The nib, of course, is there for the writer, and you'll see that I've used the Prima French Script stamp to provide a background on the cream card base.



I printed some tiny Williams to put in the little jewellery findings frames I got from the Bead Shop online, and filled them in with Glossy Accents... then attached them with a TH Idea-ology long attacher.

You can see in this photo that I've also taken the Paper Distresser to the edges of the embossed background layer to get that extra texture.




Just another little shot trying to really capture the movement in the quotes (this one the Henry VIII card).

You can also see below the inked mesh and ribbon added for texture and for some strong horizontal detailing, which I felt it needed to anchor all the higgledy-piggledy layout and distressing.


And finally a shot of the whole lot, awaiting delivery to their commissioner - who was, thankfully, very very happy with them.  I look forward to finding out how they went down with the recipients soon!

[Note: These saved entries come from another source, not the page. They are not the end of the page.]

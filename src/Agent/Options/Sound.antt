-- ===== src/Agent/Options/Sound.antt =====
-- What the agent's command line can ask for: agent/src/main.cpp.
use pqc_edr.Base.{
  ◌^◌, ◌<◌, ◌≡◌, ◌⊎◌, inl, inr, refl, true, false, Option, Option-cases, none, some, List, [], ◌∷◌,
  is_empty, arith,
}
use pqc_edr.Base.Words.{Bytes}
use pqc_edr.Agent.Options.{
  Integers, Options, Argument, default_options, Key, port_key, queue_key, forward_flag,
  synthetic_flag, unknown, takes, accepted, assign, argument, check_options, parse_loop, parse_args,
}

-- The combinations of options that the agent can work with.
pub record IsAllowed (o : Options) : Type 0 where
  pub port : o.port < 2 ^ 16
  pub queue : 0 < o.queue
  pub one_source : (o.synthetic ≡ false) ⊎ (o.replay_file ≡ [])
  pub alone :
      (o.record_file ≡ []) ⊎ ((o.forward ≡ false) × (o.synthetic ≡ false) × (o.replay_file ≡ []))

empty_text : (s : Bytes) → is_empty s ≡ true → s ≡ []
empty_text [] h = refl
empty_text (c ∷ s) h = cc

argument-cases :
    (a : Argument)
    → (a ≡ forward_flag) ⊎ (a ≡ synthetic_flag) ⊎ (a ≡ unknown) ⊎ ((k : Key) × (a ≡ takes k))
argument-cases forward_flag = inl refl
argument-cases synthetic_flag = inr (inl refl)
argument-cases unknown = inr (inr (inl refl))
argument-cases (takes k) = inr (inr (inr (k, refl)))

module _ (int : Integers) where
  check_options-IsAllowed :
      (o p : Options) → o.port < 2 ^ 16 → check_options int o ≡ accepted p → IsAllowed p
  unfolding check_options
  check_options-IsAllowed o p l h =
      let same : o ≡ p = ground arith in
      rw (← same) (record {
        port = l;
        queue = ground arith;
        one_source = ground (arith, empty_text o.replay_file);
        alone = ground (arith, empty_text o.replay_file, empty_text o.record_file);
      })

  assign-port :
      (k : Key) (v : Bytes) (o p : Options)
      → o.port < 2 ^ 16
      → assign int k v o ≡ some p
      → p.port < 2 ^ 16
  unfolding assign
  assign-port port_key v o p l h = elim (Option-cases (int.stoi v)) [
    | inl e ↦ ground (arith, e)
    | inr (n, e) ↦ ground (arith, e)
  ]
  assign-port queue_key v o p l h = elim (Option-cases (int.stoul v)) [
    | inl e ↦ ground (arith, e)
    | inr (n, e) ↦ ground (arith, e)
  ]
  assign-port k v o p l h = ground arith

  parse_loop-IsAllowed :
      (argv : List Bytes) (waits : Option Key) (o p : Options)
      → o.port < 2 ^ 16
      → parse_loop int argv waits o ≡ accepted p
      → IsAllowed p
  unfolding parse_loop
  parse_loop-IsAllowed [] none o p l h = check_options-IsAllowed o p l h
  parse_loop-IsAllowed [] (some k) o p l h = cc
  parse_loop-IsAllowed (v ∷ rest) (some k) o p l h = elim (Option-cases (assign int k v o)) [
    | inl e ↦ ground (arith, e)
    | inr (q, e) ↦ parse_loop-IsAllowed rest none q p (assign-port k v o q l e) (ground (arith, e))
  ]
  parse_loop-IsAllowed (a ∷ rest) none o p l h = elim (argument-cases (argument a)) [
    | inl e ↦ parse_loop-IsAllowed rest none (record o { forward = true }) p l (ground (arith, e))
    | inr (inl e) ↦
        parse_loop-IsAllowed rest none (record o { synthetic = true }) p l (ground (arith, e))
    | inr (inr (inl e)) ↦ ground (arith, e)
    | inr (inr (inr (k, e))) ↦ parse_loop-IsAllowed rest (some k) o p l (ground (arith, e))
  ]

  -- What an accepted command line asks for: a port of 16 bits, a queue with room for an event, one source
  -- of events at most besides the collector, and a recording only of what the collector gives, with no
  -- forwarding.
  pub parse_args-IsAllowed :
      (argv : List Bytes) (o : Options) → parse_args int argv ≡ accepted o → IsAllowed o
  parse_args-IsAllowed argv o h = parse_loop-IsAllowed argv none default_options o (omega arith) h
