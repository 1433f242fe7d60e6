-- ===== src/Agent/RecordSink/Time.antt =====
-- How far the delays of a recording keep the time: `RecordSink` of agent/src/main.cpp.
use pqc_edr.Base.{
  ℕ, ◌+◌, ◌*◌, ◌-◌, ◌^◌, ◌<◌, ◌≤◌, ◌≡◌, true, false, Bool-cases, inl, inr, some, List, [], ◌∷◌, All,
  length, arith,
}
use pqc_edr.Base.Words.{Bytes}
use pqc_edr.Event.{SecurityEvent}
use pqc_edr.EventsFile.{Numbers}
use pqc_edr.EventsFile.Parser.{Entry, event, delay, directive, getlines, parse}
use pqc_edr.EventsFile.Fields.{HexLaws}
use pqc_edr.EventsFile.Words.{NoNewline}
use pqc_edr.EventsFile.Ancestry.{DecimalLaws}
use pqc_edr.EventsFile.Recordable.{IsRecordable}
use pqc_edr.Agent.RecordSink.{RecordSink, open_recording, is_due, gap_ms, handle_all, close}
use pqc_edr.Agent.RecordSink.Written.{entries_of, parse_recording}

-- The milliseconds that a replay of the entries waits.
abbrev pub waited_ms : List Entry → ℕ
waited_ms [] = 0
waited_ms (delay ms ∷ es) = ms + waited_ms es
waited_ms (event ev expect ∷ es) = waited_ms es
waited_ms (directive d ∷ es) = waited_ms es

-- Times that do not decrease, and do not come near 2^64.
abbrev pub AreOrdered : ℕ → List SecurityEvent → Type 0
AreOrdered last [] = Unit
AreOrdered last (ev ∷ evs) =
    (last ≤ ev.ts_ns) × (ev.ts_ns + 10000000 < 2 ^ 64) × AreOrdered ev.ts_ns evs

abbrev pub end_time : ℕ → List SecurityEvent → ℕ
end_time last [] = last
end_time last (ev ∷ evs) = end_time ev.ts_ns evs

due_gap :
    (last ts : ℕ)
    → last ≤ ts
    → ts + 10000000 < 2 ^ 64
    → is_due last ts ≡ true
    → (gap_ms last ts * 1000000 + last ≤ ts) × (ts < last + gap_ms last ts * 1000000 + 10000000)
due_gap last ts le fits due = omega arith

soon_gap :
    (last ts : ℕ)
    → 0 < last
    → last ≤ ts
    → ts + 10000000 < 2 ^ 64
    → is_due last ts ≡ false
    → ts ≤ last + 10000000
soon_gap last ts pos le fits soon = ground arith

module _ (lib : Numbers) (hex : HexLaws lib) (numbers : DecimalLaws lib) where
  kept :
      (evs : List SecurityEvent) (last : ℕ)
      → 0 < last
      → last + 10000000 < 2 ^ 64
      → AreOrdered last evs
      → let ms = waited_ms (entries_of lib hex numbers last evs) in
        (ms * 1000000 + last ≤ end_time last evs)
        × (end_time last evs ≤ last + ms * 1000000 + 10000000 * length evs)
  kept [] last pos fits o = (omega arith, omega arith)
  kept (ev ∷ evs) last pos fits (le, fits', o) =
      let rest = kept evs ev.ts_ns (omega arith) fits' o in
      elim (Bool-cases (is_due last ev.ts_ns)) [
        | inl due ↦
            let gap = due_gap last ev.ts_ns le fits' due in rw due (omega (arith, gap, rest))
        | inr soon ↦
            let gap = soon_gap last ev.ts_ns pos le fits' soon in rw soon (omega (arith, gap, rest))
      ]

  -- A recording keeps the time to ten milliseconds for each event: the delays that its parser reads add
  -- up to no more than the time from the first event to the last, and fall short of it by at most ten
  -- milliseconds for each event after the first. The times of the events do not decrease, are not zero and
  -- are at least ten milliseconds below 2^64; the text of the date in the first line has no newline. Each event is an execution, an IPv4 connection or an opening of a file with an access of the four
  -- kinds, with its ancestors from the first entry on, as the kernel fills them, and numbers of the sizes that
  -- common/event.h declares. The names of the process and its ancestors and the executed file are not empty;
  -- they and the opened path leave room for a NUL and have no vertical tab and no form feed; no name of an
  -- ancestor has a bar, and no path is "-". What the libraries read and print of numbers and
  -- addresses is as `HexLaws` and `DecimalLaws` say.
  pub recorded_time :
      (stamp : Bytes) (s : RecordSink) (ev : SecurityEvent) (evs : List SecurityEvent)
      → All NoNewline stamp
      → open_recording true stamp ≡ some s
      → All IsRecordable (ev ∷ evs)
      → 0 < ev.ts_ns
      → ev.ts_ns + 10000000 < 2 ^ 64
      → AreOrdered ev.ts_ns evs
      → let ms =
          waited_ms (parse lib 0 (getlines (close (handle_all lib s (ev ∷ evs))).flushed)).0 in
        (ms * 1000000 ≤ end_time ev.ts_ns evs - ev.ts_ns)
        × (end_time ev.ts_ns evs - ev.ts_ns ≤ ms * 1000000 + 10000000 * length evs)
  recorded_time stamp s ev evs one_line h rs pos fits o =
      let (low, high) = kept evs ev.ts_ns pos fits o in
      rw (parse_recording lib hex numbers stamp s (ev ∷ evs) one_line h rs)
        (omega (arith, low, high))
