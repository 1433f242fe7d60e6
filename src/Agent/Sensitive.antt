-- ===== src/Agent/Sensitive.antt =====
-- The list of sensitive files that the agent gives to the collector: `populate_sensitive` of
-- agent/src/main.cpp. `stat` and the map of the kernel are parameters.
pub mod Reported
use pqc_edr.Base.{
  ℕ, ◌+◌, ◌*◌, ◌%◌, ◌^◌, ◌<◌, ◌≤◌, ◌≡◌, Bool, true, Option, none, some, List, [], ◌∷◌, bit_or,
  is_empty, if◌then◌else◌,
}
use pqc_edr.Base.Words.{Bytes}
use pqc_edr.Base.Text.{text}

-- `struct sens_key`; its padding is zero.
pub record SensKey : Type 0 where
  pub ino : ℕ
  pub dev : ℕ

-- What `stat` gives, with the two parts of `st_dev`.
pub record FileStat : Type 0 where
  pub ino : ℕ
  pub major : ℕ
  pub minor : ℕ

-- `bpf_map__update_elem`, `none` where it does not give 0, and `bpf_map_lookup_elem`.
pub record SensMap : Type 1 where
  pub Table : Type 0
  pub update : Table → SensKey → Option Table
  pub lookup : Table → SensKey → Bool

-- What the kernel documents of a hash map with 64 entries.
pub record SensMapLaws (m : SensMap) : Type 0 where
  pub count : m.Table → ℕ
  pub accepts :
      (t : m.Table) (k : SensKey)
      → count t < 64
      → (u : m.Table) × (m.update t k ≡ some u) × (count u ≤ count t + 1)
  pub found : (t u : m.Table) (k : SensKey) → m.update t k ≡ some u → m.lookup u k ≡ true
  pub kept :
      (t u : m.Table) (j k : SensKey)
      → m.update t k ≡ some u
      → m.lookup t j ≡ true
      → m.lookup u j ≡ true

abbrev pub default_files : List Bytes
default_files =
    text "/etc/shadow"
    ∷ text "/etc/gshadow"
    ∷ text "/etc/sudoers"
    ∷ text "/root/.ssh/authorized_keys"
    ∷ []

abbrev pub watched : List Bytes → List Bytes
watched files = if is_empty files then default_files else files

-- The `sens_key` of a file, in 32 bits of `dev`.
unfoldable pub key_of : FileStat → SensKey
key_of st = record { ino = st.ino; dev = bit_or (st.major * 2 ^ 20 % 2 ^ 32) (st.minor % 2 ^ 20) }

module _ (stat : Bytes → Option FileStat) (m : SensMap) where
  -- One round, given what `stat` gave: the map, and how many files have been registered.
  unfoldable pub register : m.Table → ℕ → Option FileStat → m.Table × ℕ
  register t n none = (t, n)
  register t n (some st) = registered (m.update t (key_of st))
    where
      registered : Option m.Table → m.Table × ℕ
      registered none = (t, n)
      registered (some u) = (u, n + 1)

  unfoldable pub register_all : List Bytes → m.Table → ℕ → m.Table × ℕ
  register_all [] t n = (t, n)
  register_all (f ∷ files) t n = let r = register t n (stat f) in register_all files r.0 r.1

  abbrev pub populate_sensitive : List Bytes → m.Table → m.Table × ℕ
  populate_sensitive files t = register_all (watched files) t 0
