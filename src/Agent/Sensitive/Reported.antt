-- ===== src/Agent/Sensitive/Reported.antt =====
-- From `populate_sensitive` of agent/src/main.cpp to the events of agent/bpf/collector.bpf.c.
use pqc_edr.Base.{
  ℕ, ◌+◌, ◌*◌, ◌%◌, ◌^◌, ◌<◌, ◌≤◌, ◌≡◌, ◌⊎◌, ◌∙◌, inl, inr, refl, sym, ap, ap₂, true, false, Option,
  none, some, List, [], ◌∷◌, ◌++◌, length, bit_or, arith,
}
use pqc_edr.Base.Words.{Bytes}
use pqc_edr.Event.{SecurityEvent, has_access}
use pqc_edr.Analyzer.Prefilter.{prefilter, alert}
use pqc_edr.Agent.Collector.{Task, OpenFile, fmode_write, handle_file_open}
use pqc_edr.Agent.Collector.Chain.{IsReported, IsReported-iff, sensitive_open_alerts}
use pqc_edr.Agent.Sensitive.{
  SensKey, FileStat, SensMap, SensMapLaws, watched, key_of, register, register_all,
  populate_sensitive,
}

-- `MKDEV`, the number that the kernel has for a device.
abbrev pub mkdev : ℕ → ℕ → ℕ
mkdev major minor = bit_or (major * 2 ^ 20) minor

key_of-mkdev :
    (st : FileStat)
    → st.major < 2 ^ 12
    → st.minor < 2 ^ 20
    → (key_of st).dev ≡ mkdev st.major st.minor
unfolding key_of
key_of-mkdev st h l =
    let a : st.major * 2 ^ 20 % 2 ^ 32 ≡ st.major * 2 ^ 20 = omega arith in
    let b : st.minor % 2 ^ 20 ≡ st.minor = omega arith in ap₂ bit_or a b

abbrev key : ℕ → ℕ → SensKey
key ino dev = record { ino = ino; dev = dev }

key_eq :
    (st : FileStat) (ino dev : ℕ)
    → st.major < 2 ^ 12
    → st.minor < 2 ^ 20
    → ino ≡ st.ino
    → dev ≡ mkdev st.major st.minor
    → ◌≡◌ {A = SensKey} (key_of st) (record { ino = ino; dev = dev })
key_eq st ino dev maj min e d =
    let same : (key_of st).ino ≡ ino = unfold key_of in sym e in
    ap₂ key same (key_of-mkdev st maj min ∙ sym d)

module _ (stat : Bytes → Option FileStat) (m : SensMap) (laws : SensMapLaws m) where
  register-kept :
      (t : m.Table) (n : ℕ) (o : Option FileStat) (j : SensKey)
      → laws.count t < 64
      → (laws.count (register stat m t n o).0 ≤ laws.count t + 1)
        × (m.lookup t j ≡ true → m.lookup (register stat m t n o).0 j ≡ true)
  unfolding register
  register-kept t n none j room = (omega arith, λ h. h)
  register-kept t n (some st) j room =
      let (u, e, c) = laws.accepts t (key_of st) room in rw e (c, laws.kept t u j (key_of st) e)

  register-found :
      (t : m.Table) (n : ℕ) (o : Option FileStat) (st : FileStat)
      → laws.count t < 64
      → o ≡ some st
      → m.lookup (register stat m t n o).0 (key_of st) ≡ true
  unfolding register
  register-found t n none st room h = cc
  register-found t n (some st') st room h =
      let same : st' ≡ st = cc in
      let (u, e, c) = laws.accepts t (key_of st') room in
      rw (e, ← same) (laws.found t u (key_of st') e)

  register_all-kept :
      (files : List Bytes) (t : m.Table) (n : ℕ) (j : SensKey)
      → laws.count t + length files ≤ 64
      → m.lookup t j ≡ true
      → m.lookup (register_all stat m files t n).0 j ≡ true
  unfolding register_all
  register_all-kept [] t n j room h = h
  register_all-kept (f ∷ files) t n j room h =
      let (count, keeps) = register-kept t n (stat f) j (omega arith) in
      register_all-kept files _ _ j (omega (arith, count)) (keeps h)

  register_all-found :
      (before after : List Bytes) (path : Bytes) (st : FileStat) (t : m.Table) (n : ℕ)
      → stat path ≡ some st
      → laws.count t + length (before ++ path ∷ after) ≤ 64
      → m.lookup (register_all stat m (before ++ path ∷ after) t n).0 (key_of st) ≡ true
  unfolding register_all
  register_all-found [] after path st t n h room =
      let (count, keeps) = register-kept t n (stat path) (key_of st) (omega arith) in
      register_all-kept after _ _ (key_of st) (omega (arith, count))
        (register-found t n (stat path) st (omega arith) h)
  register_all-found (f ∷ before) after path st t n h room =
      let (count, keeps) = register-kept t n (stat f) (key_of st) (omega arith) in
      register_all-found before after path st _ _ h (omega (arith, count))

  -- An open of a watched file becomes an alert: a file of the list, which is the default one where none is
  -- given, that `stat` finds, on a device of the kernel's numbering, is reported by the collector when it
  -- is opened for reading, or for writing with a path that the kernel can give, and the rule filter
  -- alerts on the event. The map is empty before and the list has at most 64 files.
  pub watched_open_alerts :
      (files before after : List Bytes) (path : Bytes) (st : FileStat) (t : m.Table)
      (copy : Bytes → Bytes) (e : SecurityEvent) (task : Task) (f : OpenFile)
      → laws.count t ≡ 0
      → watched files ≡ before ++ path ∷ after
      → length (before ++ path ∷ after) ≤ 64
      → stat path ≡ some st
      → st.major < 2 ^ 12
      → st.minor < 2 ^ 20
      → f.ino ≡ st.ino
      → f.dev ≡ mkdev st.major st.minor
      → f.sensitive
        ≡ m.lookup (populate_sensitive stat m files t).0 (record { ino = f.ino; dev = f.dev })
      → (has_access f.mode fmode_write ≡ false)
        ⊎ ((has_access f.mode fmode_write ≡ true)
            × (buf : Bytes) × (f.scratch ≡ true)
            × (f.d_path ≡ some buf))
      → (ev : SecurityEvent) × (handle_file_open copy (some e) task f ≡ some ev)
        × ((prefilter ev).decision ≡ alert)
  watched_open_alerts files before after path st t copy e task f zero list room found maj min ino
        dev sens opened =
      let registered = register_all-found before after path st t 0 found (omega arith) in
      let listed : m.lookup (populate_sensitive stat m files t).0 (key_of st) ≡ true =
        rw list registered in
      let seen : f.sensitive ≡ true =
        sens
        ∙ ap (m.lookup (populate_sensitive stat m files t).0)
            (sym (key_eq st f.ino f.dev maj min ino dev))
        ∙ listed in
      let reported : IsReported f = elim opened [
        | inl reads ↦ inl (reads, seen)
        | inr (writes, buf, scratch, named) ↦ inr (writes, (buf, scratch, named, inl seen))
      ] in
      let (ev, h) = (IsReported-iff copy e task f).1 reported in
      (ev, h, sensitive_open_alerts copy e task f ev h ∙ rw seen refl)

Thanks so much for spending some time here at Words and Pictures... it's great to have your company along the way in this crafty journey... and I look forward to meeting again here or elsewhere in Craftyblogland very soon!

I'm entering these in the following:
Favourite Technique (ageing/distressing) at Simon Says Stamp and Show
The Allsorts challenge to add something metal (nib and picture frame) with their Heavy Metal challenge

The remarkable thing about Shakespeare is that he is really very good - in spite of all the people who say he is very good.
Robert Graves

Wonderful women!  Have you ever thought how much we all, and women especially, owe to Shakespeare for his vindication of women in these fearless, high-spirited, resolute and intelligent heroines?